Okay so I'm guessing Fi. But the question about what you outwardly say is about what kind of things you say. The content of your words, not so much how you say it or how you react. So *what* do you say? ^^



> *6. What are some of your most important values? How did you come about determining them? How can they change?*
> 
> Er.. hard question for me. I don't have a checklist of values, nor are they in front of me or anything like that. Most of the time, I can't even tell what they are until I implode when they're violated. So far, I would say honesty and authenticity are a huge deal to me. They're also the basis for all subsequent values: loyalty, fidelity, trustworthiness, etc..


Fi.



> * 7. a) What about your personality most distinguishes you from everyone else? b) If you could change one thing about you personality, what would it be? Why?*
> 
> a) Everything ^^ This is also a difficult question for me, as I've always felt that I was pretty different from everyone else, for as long as I can remember. I feel like there's something inherently wrong or off about me that I can't put my finger on just yet. It's something about myself, that I can't just ignore. I pretend that I blend in with people, I swallow back the feeling of being fundamentally alienated from others.
> 
> b) I wish I was less black and white, less impulsive and excitable. I wish I had more willpower as well, the ability to say *NO *to say things I want that aren't good for me, to hold back and think about what's good for me rather than immediate gratification. I also wish I was more productive and focused. When I sit down to study, my thoughts are constantly running in the background and distracting me, and I can't stay on one task long enough to actually engage in something useful.

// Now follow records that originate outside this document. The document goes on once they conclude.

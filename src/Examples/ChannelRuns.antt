-- ===== src/Examples/ChannelRuns.antt =====
-- A message waits in the callback while another stands in the channel, and one is left there.
use notip_data_consumer.Prelude.{refl, some, none, [], ◌∷◌, true, arith}
use notip_data_consumer.TelemetryConsumer.{ack, flush_round, valid_rows, write_batch}
use notip_data_consumer.TelemetryConsumer.Channel.{
  ConsumerRun, start_run, callback, sends, cancel, ends, takes, interval, consumer_step, RunsTo,
  stays, then_step,
}
use notip_data_consumer.TelemetryConsumer.Channel.Accounts.{IsKept}
use notip_data_consumer.TelemetryConsumer.Channel.Kept.{run-IsKept}
use notip_data_consumer.TelemetryConsumer.Channel.Progress.{Leaves, in_hand-Leaves}
use notip_data_consumer.TelemetryConsumer.Channel.Safe.{IsSafeRun, run-IsSafeRun}
use notip_data_consumer.TelemetryConsumer.Channel.Refines.{IsFlushLoop, run-IsFlushLoop}
use notip_data_consumer.Examples.ConsumerRuns.{row, good, unlucky, writer}

-- One message in the channel, one in the callback.
abbrev waiting_run : ConsumerRun
waiting_run = record start_run {
  pending = good ∷ [];
  in_hand = some unlucky;
  received = good ∷ unlucky ∷ [];
  messages_received = 2;
}

waiting-RunsTo : RunsTo 2 writer start_run waiting_run
unfolding consumer_step
waiting-RunsTo =
    then_step (callback unlucky) (then_step sends (then_step (callback good) stays refl) refl) refl

-- The loop has taken the first message and stored its row when the ticker fires, the callback sends
-- the other message, and the loop returns while that is in the channel.
abbrev over : ConsumerRun
over = record {
  pending = unlucky ∷ [];
  in_hand = none;
  flushing = record {
    buf = [];
    writes = 1;
    handed = (0, row ∷ []) ∷ [];
    metrics = record {
      message_parsing_errors = 0;
      messages_written = 1;
      write_errors = 0;
      batch_sizes = 1 ∷ [];
    };
    acks = (1, ack) ∷ [];
  };
  loop_ended = true;
  cancelled = true;
  given_up = [];
  received = good ∷ unlucky ∷ [];
  messages_received = 2;
}

over-RunsTo : RunsTo 2 writer start_run over
unfolding consumer_step flush_round write_batch valid_rows
over-RunsTo =
    then_step ends
      (then_step cancel
        (then_step sends (then_step interval (then_step takes waiting-RunsTo refl) refl) refl) refl)
      refl

run-IsKept_example : IsKept 2 over
run-IsKept_example = run-IsKept 2 writer over-RunsTo

in_hand-Leaves_example : Leaves 2 writer waiting_run
in_hand-Leaves_example = in_hand-Leaves 2 writer unlucky (omega arith) waiting-RunsTo refl

run-IsFlushLoop_example : IsFlushLoop 2 writer over
run-IsFlushLoop_example = run-IsFlushLoop 2 writer over-RunsTo

run-IsSafeRun_example : IsSafeRun writer over
run-IsSafeRun_example = run-IsSafeRun 2 writer over-RunsTo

A) More Fourish than MBTI I'd say.
B) Well okay there's definitely Ne in there, but as for the rest I'm not sure.



> * 8. How do you treat hunches or gut feelings? In what situations are they most often triggered?*
> 
> I always, ALWAYS trust them. *Always*. Hunches are overpowering, and it's very difficult for me to look for actual proof before acting on them. It's almost irresistible for me to just drop everything and follow what gut feelings tell me. I get those all the time, a simple example is when I meet someone. I don't look for _concrete _indicators that they're good people, I just generally get a feeling that they're someone I can be myself around. Sometimes, a person can be perfectly nice but my instincts would tell me to stay away from them. I don't question my decisions after I made them, because going against my hunch results in a great deal of discomfort.


Certainly Fi. But it sounds like here Ne will be overridden by an introverted function, perhaps Fi and Si coupled.



> * 9. a) What activities energize you most? b) What activities drain you most? Why?*
> 
> a) Inspiring others, connecting with someone on an intimate and deep level, engaging in an interesting/stimulation debate or discussion regarding something I'm passionate about.
> 
> ...


A) Sounds mainly extraverted to me. ^^
B) Quoting from Quenk: "ENTPs and ENFPs tend to enjoy the company of like-minded Intuitive types and may be somewhat disdainful of their opposite types, finding them drab, predictable, and conventional. They may see Introverted Sensing types as overconcerned with health, safety, and comfort." Might be you?



> *10. What do you repress about your outward behavior or internal thought process when around others? Why?*
> 
> For a long time, all I've done was repress who I was in order to blend in with people and be accepted. I didn't express my true thoughts and feelings, because I didn't feel like they would be accepted. Nowadays though, I surround myself ONLY with people who truly care about me. How do I know that? Well, they're the ones who accept me as I am, who I can be myself around and still feel loved and appreciated. I have cut out of my life anyone who I had to alter my behavior to befriend. It's just not worth it, it created a lot of dilemma within me, and it goes against what friendship means to me anyway.


Fi and Si.


I think I've come to this conclusion before with you. Ne, Si and Fi. I couldn't really find something that I would account as hard evidence for Te (perhaps because it's your tertiary, that's it somewhat invisible maybe - I think as inferior you'd recognize it after you had moments of going/being out of control). I can't really place my finger on it considering what is your dominant and what isn't. I'd have to go with Ne/Fi/Te/Si for now. I asked a few more questions, perhaps that will bring up some more helpful information.


----------



## kaleidoscope (Jan 19, 2012)

@voicetrocity

Thank you so much for your feedback! I really want as many opinions as possible before I settle on something definite, so I'm really glad you contributed.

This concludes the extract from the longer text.